Cliccando sui due player potete ascoltare l’introduzione e la presentazione del Prof. Di Giorgio da parte di don Mimmo e poi la conferenza del Prof. De Giorgio.

  

Le relazioni, umane, culturali e sociali, tra Brindisi e – quella che dagli storici è definita – la «Regione giuliana», comprendente Trieste, Gorizia, Istria e Fiume, sono molto più strette di quanto non si immagini e, pertanto, meritevoli di un approfondimento scientifico. Prima di entrare nel vivo del binomio Fiume-Brindisi, che dà il titolo all’odierna conferenza, è necessario fornire alcune coordinate storiche per comprendere meglio le vicende che andrò a riferire.

Al termine della seconda guerra mondiale, a seguito dell’annessione della Dalmazia alla Jugoslavia, molti italiani residenti in territorio dalmata, nel quale forte era l’impronta culturale italiana risalente all’Impero Romano, ai Longobardi, ai Veneziani e ai Fiorentini, furono progressivamente costretti a scegliere la via dell’esilio. Con la firma del Trattato di Parigi del 10 febbraio 1947, che prevedeva la definitiva assegnazione dell’Istria, con la sola eccezione del Territorio Libero di Trieste, alla Jugoslavia, e l’impossibilità per i residenti di mantenere la cittadinanza italiana, l’esodo si intensificò. L’ultima fase migratoria risale al 1954, quando il Memorandum di Londra assegna il Territorio Libero di Trieste alla Jugoslavia. Non entrerò nel merito della pulizia etnica – termine orribile che identifica quei fenomeni di rimozione forzata e violenta di un popolo, della sua memoria, delle sue vestigia storico-artistiche e dei suoi stessi rappresentanti – attuata dalle nuove autorità slave giacché non è questa la sede.

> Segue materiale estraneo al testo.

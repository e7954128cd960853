-- ===== src/Queries/Budget.antt =====
-- The queries of frontend/src/domains/budget/hooks/useBudget.ts. `lower` is `toLowerCase` and
-- `encode` the client's `encodeURIComponent`.
use finance_buddy.Api.Budget
use finance_buddy.Api.Budget.{
  get_budget_anomalies, get_budget_transactions, get_budget_forecast, get_budget_envelopes,
  get_budget_accounts, get_budget_categories, get_budget_sessions, get_budget_transfers,
  get_budget_overview, get_budget_recurring, get_budget_sankey, get_budget_reconciliation,
  get_budget_coverage, request,
}
use finance_buddy.Api.Request.{Request, num}
use finance_buddy.Prelude.{
  Bool, List, Option, String, Text, [], insert, is_empty, not, some, true, ℕ, ◌&&◌, ◌∷◌,
}
use finance_buddy.Queries.BudgetFilters.{BudgetFilters, to_query_params}
use finance_buddy.Queries.Key.{Part, Query, name, str, fields}
use finance_buddy.Store.{given}

pub data Hook : Type 0 where
  use_budget_sessions : Hook
  use_budget_overview use_budget_categories : (session_id : Text) (filters : BudgetFilters) → Hook
  use_budget_transactions : (session_id : Text) (filters : BudgetFilters) (limit : Option ℕ) → Hook
  use_budget_accounts : (session_id : Text) → Hook
  use_budget_transfers use_budget_recurring use_budget_forecast use_budget_anomalies
        use_budget_reconciliation use_budget_coverage use_budget_sankey use_budget_envelopes :
      (session_id : Text) (enabled : Option Bool) → Hook

abbrev pub transactions_page_size : ℕ
transactions_page_size = 1000

abbrev query_of : String → Text → List Part → Bool → Request → Query
query_of root session_id rest enabled request = record {
  key = name "budget" ∷ name root ∷ str session_id ∷ rest;
  request = request;
  enabled = enabled && not (is_empty session_id);
}

-- The queries that take a session id and an optional `enabled`.
abbrev insight : String → Text → Option Bool → Request → Query
insight root session_id enabled request = query_of root session_id [] (given enabled true) request

unfoldable pub query : (Text → Text) → (Text → Text) → Hook → Query
unfolding to_query_params insert Budget.request
query lower encode use_budget_sessions = record {
  key = name "budget" ∷ name "sessions" ∷ [];
  request = Budget.request encode get_budget_sessions;
  enabled = true;
}
query lower encode (use_budget_overview sid filters) =
    let params = to_query_params lower (some filters) in
    query_of "overview" sid (fields params ∷ []) true
      (Budget.request encode (get_budget_overview sid params))
query lower encode (use_budget_categories sid filters) =
    let params = to_query_params lower (some filters) in
    query_of "categories" sid (fields params ∷ []) true
      (Budget.request encode (get_budget_categories sid params))
query lower encode (use_budget_transactions sid filters limit) =
    let n = given limit transactions_page_size in
    let params = insert "limit" (num n) (to_query_params lower (some filters)) in
    query_of "transactions" sid (fields params ∷ []) true
      (Budget.request encode (get_budget_transactions sid params))
query lower encode (use_budget_accounts sid) =
    query_of "accounts" sid [] true (Budget.request encode (get_budget_accounts (some sid)))
query lower encode (use_budget_transfers sid enabled) =
    insight "transfers" sid enabled (Budget.request encode (get_budget_transfers sid))
query lower encode (use_budget_recurring sid enabled) =
    insight "recurring" sid enabled (Budget.request encode (get_budget_recurring sid))
query lower encode (use_budget_forecast sid enabled) =
    insight "forecast" sid enabled (Budget.request encode (get_budget_forecast sid))
query lower encode (use_budget_anomalies sid enabled) =
    insight "anomalies" sid enabled (Budget.request encode (get_budget_anomalies sid))
query lower encode (use_budget_reconciliation sid enabled) =
    insight "reconciliation" sid enabled (Budget.request encode (get_budget_reconciliation sid))
query lower encode (use_budget_coverage sid enabled) =
    insight "coverage" sid enabled (Budget.request encode (get_budget_coverage sid))
query lower encode (use_budget_sankey sid enabled) =
    insight "sankey" sid enabled (Budget.request encode (get_budget_sankey sid))
query lower encode (use_budget_envelopes sid enabled) =
    insight "envelopes" sid enabled (Budget.request encode (get_budget_envelopes sid))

Dal 1947 al 1954 profughi istriani, fiumani, giuliani del Golfo del Quarnaro e della Dalmazia si dispersero in tutta Italia. Anche a Brindisi trovarono rifugio e una nuova casa. A tal proposito, è opportuno ricordare che nella sua millenaria – e gloriosa – storia, la città di Brindisi (definita in passato «il miglior porto del mondo») ha sempre manifestato la propria accoglienza nei confronti degli stranieri e delle popolazioni in fuga dalla propria terra; stranieri che non venivano percepiti come minacce o veicoli di contaminazione sociale: al contrario, i cosiddetti ‘stranieri’ a Brindisi hanno sempre rappresentato preziose risorse e determinato una crescita reciproca, tanto sul piano sociale quanto culturale; dell’accoglienza la città ha fatto negli anni la sua bandiera, manifestando attraverso di essa le sue radici cristiane, che ne hanno fatto una delle prime diocesi del Meridione d’Italia.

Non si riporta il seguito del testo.